[Dataset entries]
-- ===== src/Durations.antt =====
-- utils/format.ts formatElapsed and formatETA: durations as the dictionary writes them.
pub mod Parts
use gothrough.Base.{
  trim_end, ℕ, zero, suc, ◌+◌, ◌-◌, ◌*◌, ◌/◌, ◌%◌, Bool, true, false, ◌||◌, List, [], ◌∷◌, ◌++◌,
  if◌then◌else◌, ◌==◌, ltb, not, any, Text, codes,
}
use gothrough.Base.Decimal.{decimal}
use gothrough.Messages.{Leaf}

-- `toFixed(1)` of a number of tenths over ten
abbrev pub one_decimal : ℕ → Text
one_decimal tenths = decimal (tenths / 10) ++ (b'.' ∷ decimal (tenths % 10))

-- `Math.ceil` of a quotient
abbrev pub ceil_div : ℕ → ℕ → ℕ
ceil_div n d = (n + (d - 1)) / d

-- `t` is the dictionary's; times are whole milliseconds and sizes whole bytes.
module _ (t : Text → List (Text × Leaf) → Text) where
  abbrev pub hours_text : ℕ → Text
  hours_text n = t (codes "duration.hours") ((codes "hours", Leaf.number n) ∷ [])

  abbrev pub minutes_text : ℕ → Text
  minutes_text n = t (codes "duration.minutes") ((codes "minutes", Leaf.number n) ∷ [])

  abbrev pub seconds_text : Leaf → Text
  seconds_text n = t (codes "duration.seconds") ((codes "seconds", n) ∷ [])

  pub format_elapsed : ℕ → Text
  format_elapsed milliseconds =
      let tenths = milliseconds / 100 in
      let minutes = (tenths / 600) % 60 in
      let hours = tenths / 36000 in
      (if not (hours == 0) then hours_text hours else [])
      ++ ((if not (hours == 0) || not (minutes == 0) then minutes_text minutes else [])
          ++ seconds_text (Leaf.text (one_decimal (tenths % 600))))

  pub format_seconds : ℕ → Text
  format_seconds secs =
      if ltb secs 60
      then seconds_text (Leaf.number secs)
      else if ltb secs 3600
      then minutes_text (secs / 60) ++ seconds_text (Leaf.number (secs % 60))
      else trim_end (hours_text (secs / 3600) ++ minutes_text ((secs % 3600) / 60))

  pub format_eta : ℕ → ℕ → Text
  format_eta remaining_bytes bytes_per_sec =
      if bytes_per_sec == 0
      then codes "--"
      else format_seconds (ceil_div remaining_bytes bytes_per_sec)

---

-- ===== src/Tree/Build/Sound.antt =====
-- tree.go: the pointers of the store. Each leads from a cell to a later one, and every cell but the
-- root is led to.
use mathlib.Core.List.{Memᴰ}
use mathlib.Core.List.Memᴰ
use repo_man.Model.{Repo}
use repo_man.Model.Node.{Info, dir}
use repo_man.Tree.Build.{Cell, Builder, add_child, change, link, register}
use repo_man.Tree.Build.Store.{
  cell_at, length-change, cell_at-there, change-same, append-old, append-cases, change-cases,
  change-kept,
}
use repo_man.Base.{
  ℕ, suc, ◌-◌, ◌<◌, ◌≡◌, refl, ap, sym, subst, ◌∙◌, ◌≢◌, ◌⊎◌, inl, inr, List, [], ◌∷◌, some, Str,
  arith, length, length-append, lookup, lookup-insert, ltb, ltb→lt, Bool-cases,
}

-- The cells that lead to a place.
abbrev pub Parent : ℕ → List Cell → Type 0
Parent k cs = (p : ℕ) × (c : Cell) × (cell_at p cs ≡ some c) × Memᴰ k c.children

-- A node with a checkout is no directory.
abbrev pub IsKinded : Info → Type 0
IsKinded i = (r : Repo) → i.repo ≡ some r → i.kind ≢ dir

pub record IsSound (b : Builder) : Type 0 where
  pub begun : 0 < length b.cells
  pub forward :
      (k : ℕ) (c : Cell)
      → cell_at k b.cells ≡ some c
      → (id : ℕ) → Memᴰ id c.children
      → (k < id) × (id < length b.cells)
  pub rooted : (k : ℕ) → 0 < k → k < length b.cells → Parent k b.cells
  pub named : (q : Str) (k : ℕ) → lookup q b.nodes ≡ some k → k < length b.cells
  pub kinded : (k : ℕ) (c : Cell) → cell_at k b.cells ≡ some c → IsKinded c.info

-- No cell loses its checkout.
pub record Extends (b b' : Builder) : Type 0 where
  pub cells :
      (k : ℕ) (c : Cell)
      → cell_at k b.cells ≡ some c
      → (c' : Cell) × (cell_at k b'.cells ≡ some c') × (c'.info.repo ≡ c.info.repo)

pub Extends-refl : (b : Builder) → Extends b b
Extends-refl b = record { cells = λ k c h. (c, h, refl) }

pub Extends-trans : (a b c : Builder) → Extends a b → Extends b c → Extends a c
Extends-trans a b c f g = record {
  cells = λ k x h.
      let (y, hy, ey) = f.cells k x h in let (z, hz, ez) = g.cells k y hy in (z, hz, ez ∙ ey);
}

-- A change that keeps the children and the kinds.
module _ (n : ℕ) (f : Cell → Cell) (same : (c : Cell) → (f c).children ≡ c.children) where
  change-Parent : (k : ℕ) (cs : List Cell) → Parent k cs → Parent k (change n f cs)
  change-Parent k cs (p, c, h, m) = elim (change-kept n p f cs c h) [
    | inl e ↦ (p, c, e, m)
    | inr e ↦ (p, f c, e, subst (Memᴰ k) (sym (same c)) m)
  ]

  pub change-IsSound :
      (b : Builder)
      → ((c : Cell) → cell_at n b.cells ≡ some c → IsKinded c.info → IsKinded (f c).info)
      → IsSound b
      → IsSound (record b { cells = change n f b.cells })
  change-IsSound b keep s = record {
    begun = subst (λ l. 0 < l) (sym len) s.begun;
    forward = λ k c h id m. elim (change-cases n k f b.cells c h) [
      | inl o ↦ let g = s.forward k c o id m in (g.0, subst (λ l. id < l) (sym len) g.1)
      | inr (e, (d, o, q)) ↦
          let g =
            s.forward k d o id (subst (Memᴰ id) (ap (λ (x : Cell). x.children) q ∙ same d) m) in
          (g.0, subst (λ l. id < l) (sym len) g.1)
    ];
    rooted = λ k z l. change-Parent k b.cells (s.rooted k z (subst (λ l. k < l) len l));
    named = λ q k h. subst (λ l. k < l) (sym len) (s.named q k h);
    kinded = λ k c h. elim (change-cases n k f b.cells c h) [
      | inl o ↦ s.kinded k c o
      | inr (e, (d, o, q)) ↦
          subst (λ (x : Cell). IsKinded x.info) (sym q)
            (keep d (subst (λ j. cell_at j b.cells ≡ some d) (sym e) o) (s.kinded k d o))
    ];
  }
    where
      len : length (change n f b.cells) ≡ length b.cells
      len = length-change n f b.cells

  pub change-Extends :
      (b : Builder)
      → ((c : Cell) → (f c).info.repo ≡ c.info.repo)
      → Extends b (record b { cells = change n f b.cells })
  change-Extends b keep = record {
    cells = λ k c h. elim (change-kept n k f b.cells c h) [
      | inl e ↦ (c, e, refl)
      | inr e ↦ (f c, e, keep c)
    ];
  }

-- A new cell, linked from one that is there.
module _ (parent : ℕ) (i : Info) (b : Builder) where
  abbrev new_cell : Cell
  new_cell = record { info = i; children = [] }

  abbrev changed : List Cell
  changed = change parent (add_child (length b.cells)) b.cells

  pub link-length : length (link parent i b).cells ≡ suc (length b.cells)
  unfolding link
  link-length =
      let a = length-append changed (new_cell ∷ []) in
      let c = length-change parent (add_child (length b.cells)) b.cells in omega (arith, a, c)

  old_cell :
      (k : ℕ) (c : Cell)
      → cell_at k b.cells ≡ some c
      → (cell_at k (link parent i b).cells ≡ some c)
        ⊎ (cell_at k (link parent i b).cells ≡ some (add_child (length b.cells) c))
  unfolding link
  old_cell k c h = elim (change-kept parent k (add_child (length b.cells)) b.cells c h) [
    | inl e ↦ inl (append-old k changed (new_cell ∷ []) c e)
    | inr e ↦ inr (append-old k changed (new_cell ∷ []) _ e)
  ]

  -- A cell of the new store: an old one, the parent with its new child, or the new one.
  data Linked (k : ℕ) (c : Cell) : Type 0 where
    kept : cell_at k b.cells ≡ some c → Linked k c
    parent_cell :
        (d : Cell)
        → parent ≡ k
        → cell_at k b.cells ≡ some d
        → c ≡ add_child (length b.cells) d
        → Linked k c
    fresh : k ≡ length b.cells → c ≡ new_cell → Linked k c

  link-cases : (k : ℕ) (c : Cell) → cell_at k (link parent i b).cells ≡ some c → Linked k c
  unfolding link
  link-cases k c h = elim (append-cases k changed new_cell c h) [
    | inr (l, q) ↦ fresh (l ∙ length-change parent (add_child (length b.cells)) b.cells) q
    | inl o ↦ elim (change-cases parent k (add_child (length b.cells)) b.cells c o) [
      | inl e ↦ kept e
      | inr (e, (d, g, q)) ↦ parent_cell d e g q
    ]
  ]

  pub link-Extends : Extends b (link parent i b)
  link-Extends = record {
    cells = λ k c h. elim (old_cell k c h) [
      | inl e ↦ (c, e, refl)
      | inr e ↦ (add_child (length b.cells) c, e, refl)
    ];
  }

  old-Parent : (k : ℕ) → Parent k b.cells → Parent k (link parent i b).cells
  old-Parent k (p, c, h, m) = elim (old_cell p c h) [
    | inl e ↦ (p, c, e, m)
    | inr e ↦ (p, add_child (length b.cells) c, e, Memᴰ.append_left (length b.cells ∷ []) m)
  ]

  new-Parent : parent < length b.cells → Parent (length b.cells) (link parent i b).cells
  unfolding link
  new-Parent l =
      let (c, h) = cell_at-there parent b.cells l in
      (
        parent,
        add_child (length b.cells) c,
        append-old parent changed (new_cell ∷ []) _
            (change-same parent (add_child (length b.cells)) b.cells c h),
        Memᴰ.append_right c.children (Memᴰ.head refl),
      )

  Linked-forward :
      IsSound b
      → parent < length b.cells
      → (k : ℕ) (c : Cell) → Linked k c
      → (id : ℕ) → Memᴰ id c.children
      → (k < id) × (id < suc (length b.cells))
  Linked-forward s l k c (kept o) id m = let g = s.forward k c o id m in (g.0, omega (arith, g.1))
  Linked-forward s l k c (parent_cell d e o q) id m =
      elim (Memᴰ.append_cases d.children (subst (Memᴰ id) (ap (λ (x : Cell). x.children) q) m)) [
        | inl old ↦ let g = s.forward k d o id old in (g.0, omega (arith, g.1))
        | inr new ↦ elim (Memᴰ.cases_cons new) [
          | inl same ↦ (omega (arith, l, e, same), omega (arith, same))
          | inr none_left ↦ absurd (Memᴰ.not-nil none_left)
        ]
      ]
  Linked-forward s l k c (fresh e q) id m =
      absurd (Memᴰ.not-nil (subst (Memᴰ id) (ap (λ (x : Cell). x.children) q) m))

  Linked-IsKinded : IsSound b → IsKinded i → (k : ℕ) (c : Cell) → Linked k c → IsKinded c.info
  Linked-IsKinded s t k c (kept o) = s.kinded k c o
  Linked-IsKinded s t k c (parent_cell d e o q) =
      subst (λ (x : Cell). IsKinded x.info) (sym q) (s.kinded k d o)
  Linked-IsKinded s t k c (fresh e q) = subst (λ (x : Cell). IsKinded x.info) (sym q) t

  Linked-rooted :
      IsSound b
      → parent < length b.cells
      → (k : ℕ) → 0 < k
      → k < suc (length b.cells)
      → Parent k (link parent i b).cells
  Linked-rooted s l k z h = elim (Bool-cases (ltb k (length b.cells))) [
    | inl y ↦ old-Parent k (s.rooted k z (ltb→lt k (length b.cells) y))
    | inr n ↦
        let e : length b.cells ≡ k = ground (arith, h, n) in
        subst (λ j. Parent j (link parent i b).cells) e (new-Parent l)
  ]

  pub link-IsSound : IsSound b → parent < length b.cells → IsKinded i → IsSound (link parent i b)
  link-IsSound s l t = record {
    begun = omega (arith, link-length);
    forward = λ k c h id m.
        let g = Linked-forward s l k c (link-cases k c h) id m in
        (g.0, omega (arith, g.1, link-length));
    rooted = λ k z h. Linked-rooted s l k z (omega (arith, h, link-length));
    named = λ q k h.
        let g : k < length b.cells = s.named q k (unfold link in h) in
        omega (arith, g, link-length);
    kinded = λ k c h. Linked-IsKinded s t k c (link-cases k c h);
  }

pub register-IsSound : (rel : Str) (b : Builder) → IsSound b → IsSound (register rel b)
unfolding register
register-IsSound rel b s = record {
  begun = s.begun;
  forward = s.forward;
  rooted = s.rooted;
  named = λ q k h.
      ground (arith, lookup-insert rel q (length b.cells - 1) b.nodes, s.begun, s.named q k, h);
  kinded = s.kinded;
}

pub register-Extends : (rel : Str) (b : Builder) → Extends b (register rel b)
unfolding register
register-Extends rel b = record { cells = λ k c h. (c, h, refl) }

_PROBLEM STATEMENT_.
Return from the data every line that holds "Type".

_TASK ANSWER_.
abbrev pub Parent : ℕ → List Cell → Type 0
abbrev pub IsKinded : Info → Type 0
pub record IsSound (b : Builder) : Type 0 where
pub record Extends (b b' : Builder) : Type 0 where
  data Linked (k : ℕ) (c : Cell) : Type 0 where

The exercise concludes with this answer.